Pasaron los meses. Daniela, privada de lujos y abandonada por sus superficiales amigos, vivía en un apartamento medio vacío que apenas podía permitirse. Sus joyas ahora le pesaban, recordatorios de todo lo que había perdido.
Una tarde, vio a Marcus en una calle de la ciudad. Caminaba junto a una mujer amable y elegante, de la mano entrelazada, y un niño pequeño le cogía de la otra. Su risa era suave, su mirada apacible. Daniela se quedó paralizada, escondida tras el escaparate de una tienda. Ya nadie la reconocía; era solo una sombra de la mujer que una vez fingió ser.

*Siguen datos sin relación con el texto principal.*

-- ===== src/Receiver/Accepts.antt =====
-- internal/receiver/handlers.go: what a handler has checked where it answers 200, and that it
-- leaves the engine alone where it does not.
use tracearr.Prelude.{
  ◌≡◌, refl, Bool, true, false, not, List, [], ◌∷◌, Option, none, some, inl, inr, ◌⊎◌,
  if◌then◌else◌, nat_beq,
}
use tracearr.Event.{Event}
use tracearr.Store.{Store}
use tracearr.Engine.Calls.{Context, Builder}
use tracearr.Engine.State.{Engine}
use tracearr.Engine.Process.{process_all}
use tracearr.Parsers.Result.{Parsed, refused, parsed}
use tracearr.Config.{AppSource}
use tracearr.Prelude.Lists.{Bytes}
use tracearr.Receiver.Auth.{verify_hmac_sha256, verify_bearer}
use tracearr.Receiver.Handlers.{
  Body, received, too_large, broken, Request, Response, source_disabled, unauthorized, accepted,
  deliver_events, deliver_event, with_body, handle_overseerr, handle_script, handle_signed,
  handle_arr,
}

module _ (B : Builder) {S : Store} where
  -- The answer is no 200, and the engine is as it was.
  abbrev pub Rejects : Engine S → Response × Engine S → Type 0
  Rejects e answer = (nat_beq answer.0.status 200 ≡ false) × (answer.1 ≡ e)

  -- The answer is 200, and the engine has processed these events in order.
  abbrev pub Processes : Context → List Event → Engine S → Response × Engine S → Type 0
  Processes ctx evs e answer = (answer.0.status ≡ 200) × (answer.1 ≡ process_all B ctx evs e)

  -- The body was read and parsed into these events, and the engine has processed them.
  abbrev pub Parses :
      (Bytes → Parsed (List Event)) → Context → Engine S → Bytes → Response × Engine S → Type 0
  Parses parse ctx e body answer =
      (evs : List Event) × ((parse body ≡ parsed evs) × Processes ctx evs e answer)

  -- The body was read, and then this holds of it and of the answer.
  abbrev pub Reads : Body → (Bytes → Response × Engine S → Type 0) → Response × Engine S → Type 0
  Reads b Q answer = (body : Bytes) × ((b ≡ received body) × Q body answer)

  guard-cases :
      (c : Bool) (refusal : Response) (e : Engine S) (answer : Response × Engine S)
      (Q : Response × Engine S → Type 0)
      → nat_beq refusal.status 200 ≡ false
      → Rejects e answer ⊎ Q answer
      → let guarded = if not c then (refusal, e) else answer in
        Rejects e guarded ⊎ ((c ≡ true) × Q guarded)
  guard-cases true refusal e answer Q no_ok (inl rejects) = inl rejects
  guard-cases true refusal e answer Q no_ok (inr goes) = inr (refl, goes)
  guard-cases false refusal e answer Q no_ok h = inl (no_ok, refl)

  with_body-cases :
      (b : Body) (next : Bytes → Response × Engine S) (e : Engine S)
      (Q : Bytes → Response × Engine S → Type 0)
      → ((body : Bytes) → Rejects e (next body) ⊎ Q body (next body))
      → Rejects e (with_body B b next e) ⊎ Reads b Q (with_body B b next e)
  unfolding with_body
  with_body-cases (received body) next e Q each = elim (each body) [
    | inl rejects ↦ inl rejects
    | inr goes ↦ inr (body, (refl, goes))
  ]
  with_body-cases too_large next e Q each = inl (refl, refl)
  with_body-cases broken next e Q each = inl (refl, refl)

  deliver_events-cases :
      (ctx : Context) (parse : Bytes → Parsed (List Event)) (body : Bytes) (e : Engine S)
      → Rejects e (deliver_events B ctx (parse body) e)
        ⊎ Parses parse ctx e body (deliver_events B ctx (parse body) e)
  unfolding deliver_events accepted
  deliver_events-cases ctx parse body e = of_result (parse body) refl
    where
      of_result :
          (result : Parsed (List Event))
          → parse body ≡ result
          → Rejects e (deliver_events B ctx result e)
            ⊎ Parses parse ctx e body (deliver_events B ctx result e)
      of_result (refused why) same = inl (refl, refl)
      of_result (parsed []) same = inr ([], (same, (refl, refl)))
      of_result (parsed (ev ∷ evs)) same = inr (ev ∷ evs, (same, (refl, refl)))

  -- A script's handler either leaves the engine as it was and answers no 200, or the source is
  -- enabled, the bearer token is verified, the body has been read and parsed, the engine has
  -- processed its events in order, and the answer is 200.
  pub handle_script-cases :
      (app : AppSource) (parse : Bytes → Parsed (List Event)) (r : Request) (e : Engine S)
      → let answer = handle_script B app parse r e in
        Rejects e answer
        ⊎ ((app.enabled ≡ true)
            × ((verify_bearer r.authorization app.script_token ≡ true)
                × Reads r.body (Parses parse r.context e) answer))
  unfolding handle_script
  handle_script-cases app parse r e =
      guard-cases app.enabled source_disabled e _
        (λ answer.
          (verify_bearer r.authorization app.script_token ≡ true)
          × Reads r.body (Parses parse r.context e) answer)
        refl
        (guard-cases (verify_bearer r.authorization app.script_token) unauthorized e _
          (Reads r.body (Parses parse r.context e)) refl
          (with_body-cases r.body (λ body. deliver_events B r.context (parse body) e) e
            (Parses parse r.context e) (λ body. deliver_events-cases r.context parse body e)))

  module _ (trim_space : Bytes → Bytes) (hmac_sha256 : Bytes → Bytes → Bytes) where
    -- The handler of Sonarr and Radarr either leaves the engine as it was and answers no 200, or
    -- the source is enabled, the body has been read, the signature is verified over this body, it
    -- has been parsed, the engine has processed its events in order, and the answer is 200.
    pub handle_arr-cases :
        (app : AppSource) (parse : Bytes → Parsed (List Event)) (r : Request) (e : Engine S)
        → let answer = handle_arr B trim_space hmac_sha256 app parse r e in
          Rejects e answer
          ⊎ ((app.enabled ≡ true)
              × Reads r.body
                  (λ body answer.
                    (verify_hmac_sha256 trim_space hmac_sha256 r.signature app.webhook_secret body
                      ≡ true)
                    × Parses parse r.context e body answer)
                  answer)
    unfolding handle_arr handle_signed
    handle_arr-cases app parse r e =
        let Q : Bytes → Response × Engine S → Type 0 = λ body answer.
          (verify_hmac_sha256 trim_space hmac_sha256 r.signature app.webhook_secret body ≡ true)
          × Parses parse r.context e body answer in
        guard-cases app.enabled source_disabled e _ (Reads r.body Q) refl (
          with_body-cases r.body (handle_signed B trim_space hmac_sha256 app parse r e) e Q (λ body.
            guard-cases
              (verify_hmac_sha256 trim_space hmac_sha256 r.signature app.webhook_secret body)
              unauthorized e _ (Parses parse r.context e body) refl
              (deliver_events-cases r.context parse body e)))

  -- The body was read and parsed: no event, and the engine is as it was, or one that it has
  -- processed.
  abbrev pub ParsesOne :
      (Bytes → Parsed (Option Event)) → Context → Engine S → Bytes → Response × Engine S → Type 0
  ParsesOne parse ctx e body answer =
      (found : Option Event) × ((parse body ≡ parsed found)
        × Processes ctx (elim found [ none ↦ [] | some ev ↦ ev ∷ [] ]) e answer)

  deliver_event-cases :
      (ctx : Context) (parse : Bytes → Parsed (Option Event)) (body : Bytes) (e : Engine S)
      → Rejects e (deliver_event B ctx (parse body) e)
        ⊎ ParsesOne parse ctx e body (deliver_event B ctx (parse body) e)
  unfolding deliver_event accepted process_all
  deliver_event-cases ctx parse body e = of_result (parse body) refl
    where
      of_result :
          (result : Parsed (Option Event))
          → parse body ≡ result
          → Rejects e (deliver_event B ctx result e)
            ⊎ ParsesOne parse ctx e body (deliver_event B ctx result e)
      of_result (refused why) same = inl (refl, refl)
      of_result (parsed none) same = inr (none, (same, (refl, refl)))
      of_result (parsed (some ev)) same = inr (some ev, (same, (refl, refl)))

  -- The handler of Overseerr and Jellyseerr either leaves the engine as it was and answers no 200,
  -- or the source is enabled, the bearer token is verified, the body has been read and parsed, the
  -- engine has processed its event, where it is one, and the answer is 200.
  pub handle_overseerr-cases :
      (app : AppSource) (parse : Bytes → Parsed (Option Event)) (r : Request) (e : Engine S)
      → let answer = handle_overseerr B app parse r e in
        Rejects e answer
        ⊎ ((app.enabled ≡ true)
            × ((verify_bearer r.authorization app.webhook_secret ≡ true)
                × Reads r.body (ParsesOne parse r.context e) answer))
  unfolding handle_overseerr
  handle_overseerr-cases app parse r e =
      guard-cases app.enabled source_disabled e _
        (λ answer.
          (verify_bearer r.authorization app.webhook_secret ≡ true)
          × Reads r.body (ParsesOne parse r.context e) answer)
        refl
        (guard-cases (verify_bearer r.authorization app.webhook_secret) unauthorized e _
          (Reads r.body (ParsesOne parse r.context e)) refl
          (with_body-cases r.body (λ body. deliver_event B r.context (parse body) e) e
            (ParsesOne parse r.context e) (λ body. deliver_event-cases r.context parse body e)))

Mientras veía a Marcus alejarse, una lágrima resbaló por su mejilla. El hombre del que se había burlado ahora se erguía, amado y libre. Y ella, rodeada de joyas que ya no brillaban, finalmente comprendió la cruel verdad: había cambiado el amor por la vanidad y había quedado sin nada.
Marcus, una vez destrozado, encontró la paz. Daniela, una vez poderosa, se quedó en silencio.
Y en ese silencio, escuchó el eco de su propia caída, cada insulto, cada risa cruel, que regresaba a ella como una maldición que ella misma había escrito.